Türöffner für Wirtschaft und Wissenschaft

Montag, 18. Juni 2012

Null-Heizenergie-Haus für den Universitäts-Club geplant

Herr Professor Hillemeier, im Juni 2012 begeht die Gesellschaft von Freunden der TU Berlin ihr 90. Gründungsjubiläum. Was zeichnet die Gesellschaft heute aus?

Bernd Hillemeier, Vorsitzender der Gesellschaft von Freunden
Lupe

Mit den Beiträgen ihrer 823 Mitglieder und 54 Firmen beziehungsweise Verbänden kann die Gesellschaft an vielen Stellen in der Universität helfen, wo es mit eigenen Mitteln nicht möglich wäre. Das betrifft die Teilnahme von Wissenschaftlerinnen und Wissenschaftlern sowie Studierenden der TU Berlin an Konferenzen, Symposien und Forschungsreisen. Es handelt sich jeweils nicht um große materielle, aber um sehr wichtige Leistungen. Wir sind unseren Mitgliedern, den Alumni, den Personen aus Wirtschaft, Kultur, Politik und Wissenschaft sehr dankbar, dass wir dies ermöglichen können. Die Gesellschaft von Freunden der TU Berlin zeichnet weiterhin aus, dass namhafte Mitglieder eine unverzichtbare Verbindung zwischen Wirtschaft und Wissenschaft herstellen. Forschung und Lehre profitieren davon in erheblichem Maße.


Was sind die Schwerpunkte Ihrer Planung für die nahe Zukunft?

Heute kommt es mehr denn je darauf an, die interne und externe Kommunikation zu verbessern. Wir wollen, dass sich die Strahlkraft des Wissenszentrums TU Berlin über Berlin-Brandenburg insbesondere weiter nach Osten ausdehnt. Eine neue Initiative, die dies befördert, ist der „Preis für vorbildliche Lehre“, der bei der Begrüßung der Neusemester vergeben wird. Damit möchten wir die Lehre als wesentliche Säule universitärer Bildung stärken und ihren Stellenwert deutlich machen. Der Stifterverband der Deutschen Wissenschaft würdigt diese Preis-Initiative. Die weitere Intensivierung der Kommunikation wird auf zwei Wegen erreicht: erstens durch eine Internet-Plattform. Gegenwärtig prüfen wir die effektivste Form. In Zukunft werden dann fünf bis sechs Themen und Projekte vorgestellt, die durch eine aktive Online-Kommunikation unter Freunden der TU Berlin diskutiert werden können. Weiterhin planen wir den Universitätsclub „CCC – Campus Club Charlottenburg“, für den bereits außeruniversitäre Fördermittel in Aussicht gestellt sind. Er soll auf dem Universitätsgelände als experimentelles Null-Heizenergie-Haus ein attraktives Domizil finden. Weitere Fördermittel werden eingeworben. An diesem einzigartigen Ort werden Fachgrenzen überwunden und generationenübergreifende Dialoge mit Wissenschaftlern, Wirtschaftsfachleuten, Journalisten, Künstlern und Politikern geführt werden.

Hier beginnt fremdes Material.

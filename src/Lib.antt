-- ===== src/Lib.antt =====
-- ic35link talks to the Siemens IC35 organiser over a serial line: ic35sync exchanges address,
-- schedule, todo and memo records with files of a PC, ic35mgr reads and writes the memory card.
--
-- Parts and files:
--   Base       names and lemmas that the modules share: Base/Tests, Base/Lists, Base/Words (uchar,
--              ushort, ulong), Base/Int (the C int, OK and ERR), Base/CString (strlen, memcpy).
--   Pdu        src/genproto.c, the put.. and get.. functions and chksum(). A pointer into a buffer
--              is the buffer with an offset. Pdu/Codec, Pdu/Checksum.
--   Com        src/comio.c, com_recv(), com_send(), com_sendw() and com_settimeout() on a Port, the
--              static state of that file. What select() and read() will report is a list of events, the
--              blocks given to write() are kept. Com/Chunks, Repeats (a command
--              that is sent again), Waiting (what arrives in one piece).
--   Level1     src/synproto.c, puthdr(), L1send(), L1recv(), L2sendcmd() and L2recvrsp(): frames
--              with a checksum, acknowledgements. Level1/Frame, Receive, Sound, Exchange.
--   Welcome    src/genproto.c, welcome(): the handshake. Welcome/Retries.
--   Level4     src/synproto.c, sendcmd() and recvrsp(): commands and responses. Level4/Layout has ids
--              and offsets, Level4/Message what each command carries, Level4/Heads, Fields, Commands
--              and Wire what is sent, Level4/Reply the responses.
--   Record     src/ic35frec.c and src/ic35frec.h: the records, as fields and as raw data, and
--              cmp_ic35rec(). Record/Ids has the ids and the table of files, Record/Wf and
--              Record/Invariant the invariant, Record/Parse, RoundTrip, Fields, Compare the rest.
--   Bin        src/databin.c: the list of binary records with its read position. Bin/Walk the walk
--              over a file, Bin/Places, Opened and Safe freed elements, Bin/Lookup and Order what a put
--              does, Bin/Disk the file, Bin/RoundTrip what is read back from it.
--   Syntrans   src/syntrans.c: the transactions of a session. Syntrans/Frec reads and writes records,
--              Syntrans/Blocks, Bounds, Ends, Results what is proved of them.
--   Rectab     src/ic35sync.c: the table of records and actions. Rectab/Order.
--   Mgr        src/mgrproto.c: command bytes, and blocks that are acknowledged and repeated.
--              Mgr/Command, Loop, Tried, Block (receiving), Sound, Send, Message.
--   Mmc        src/mgrproto.c: the memory card commands. Mmc/Calls the functions MMC..(),
--              Mmc/Layout the PDUs, Mmc/Exchange a command and its response.
--   Card       src/mgrtrans.c: Card/Link the connection, Dir and File the memory card, with the
--              copying loops of src/ic35mgr.c, Backup the database. Card/Read and Copy, Saving,
--              Restoring and RoundTrip what is proved of them. Of src/ic35mgr.c too: Card/Path the
--              check of a path, with Names and Paths, Card/Program, Commands and Trees the rest.
--   Session    src/ic35sync.c: sessions over the interfaces Device and PimOper. Session/Export
--              ic35status() and exportfile(), View what an export does to the records, Synchro
--              the transactions of Syntrans as a Device, Parts the binary records as PimOper, Sync
--              and Syncfile the phases of syncfile(), Noted and Deletes its last phase, Import the
--              import, with Importing, Ran and Actions.
--              Session/Formats is src/dataio.c, the dispatch by record format.
--   Text       src/vcutil.c: substitutions in texts. Text/RoundTrip.
--   Examples   in each part: runs at concrete inputs, and the theorems at them.
--
-- How they interact: Level1 builds its PDUs with Pdu and moves them with Com; Level4 puts commands
-- and responses into them; Syntrans starts a session with Welcome and fetches and stores with Level4
-- the raw data that Record takes apart. Bin keeps records of the PC.
-- A session moves records between a Device and a PimOper, and notes its actions with Rectab: the
-- theorems hold of any, Session/Synchro makes a Device of the transactions of Syntrans over a Port,
-- Session/Parts a PimOper of Bin. Mgr moves blocks over Com, Mmc puts the
-- file operations into them, Card is what the manager program calls.
--
-- Conventions: bytes and words are natural numbers; a mask is a remainder, a shift a quotient or
-- a product. unsigned long and size_t have 32 bits, as on the platform that the program was
-- written for. Functions that change a buffer, a record or the line return the new one. A write
-- into a buffer (write_at) changes nothing behind its end, so the length of a buffer says nothing
-- of it; where recvrsp() copies a part of a record, or MMCfileread() a part of a file, of a
-- length that comes from the device, the copy (overwrite) makes the buffer longer when it does
-- not fit. Loops recur on the list they go over or on the rounds that are left. These have no
-- bound in the code and get rounds: that of _read_frec(), for which the bytes to come and one
-- more are enough; that of bin_open(), as many as the file has bytes; that of mmcget(), one more
-- than the file has bytes; those of syncfile() over the table, one more than its entries, and
-- over the records of the PC, which is `none` where the rounds are not enough; those over the
-- tree of a memory card, its depth.
--
-- Not modelled: the vCard, vCalendar and memo records (src/datavca.c, src/vcaconv.c, but for Text),
-- and printing them (src/datatxt.c, src/util.c); walking local directories and the options of the
-- programs, which are I/O; malloc() never fails; the simulated communication and the
-- log (the program as it is built with NO_LOGSIM); write() takes the whole block. The vCard parser
-- and its objects (src/vcc.y, src/vcc.c, src/vobject.c) are the versit library.
pub mod Base
pub mod Pdu
pub mod Com
pub mod Welcome
pub mod Level1
pub mod Level4
pub mod Record
pub mod Bin
pub mod Syntrans
pub mod Rectab
pub mod Mgr
pub mod Mmc
pub mod Card
pub mod Session
pub mod Text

Wie sind die „Freunde“ in die universitären Aktivitäten eingebunden?

Unsere Gesellschaft hat die Unterstützung durch den Präsidenten der TU Berlin, wechselseitige kritische und konstruktive Anregungen und Diskussionen finden regelmäßig statt, und sie wird von der TU-Verwaltung ebenfalls in vielen Punkten kritisch und konstruktiv unterstützt. Des Weiteren befördern wir durch Fundraising den Ausbau des „Gründungshauses“ an der TU Berlin, das in der denkmalgeschützten „Alten Mineralogie“ ansässig ist und das ein gründerfreundliches Sprungbrett für junge Start-ups darstellt.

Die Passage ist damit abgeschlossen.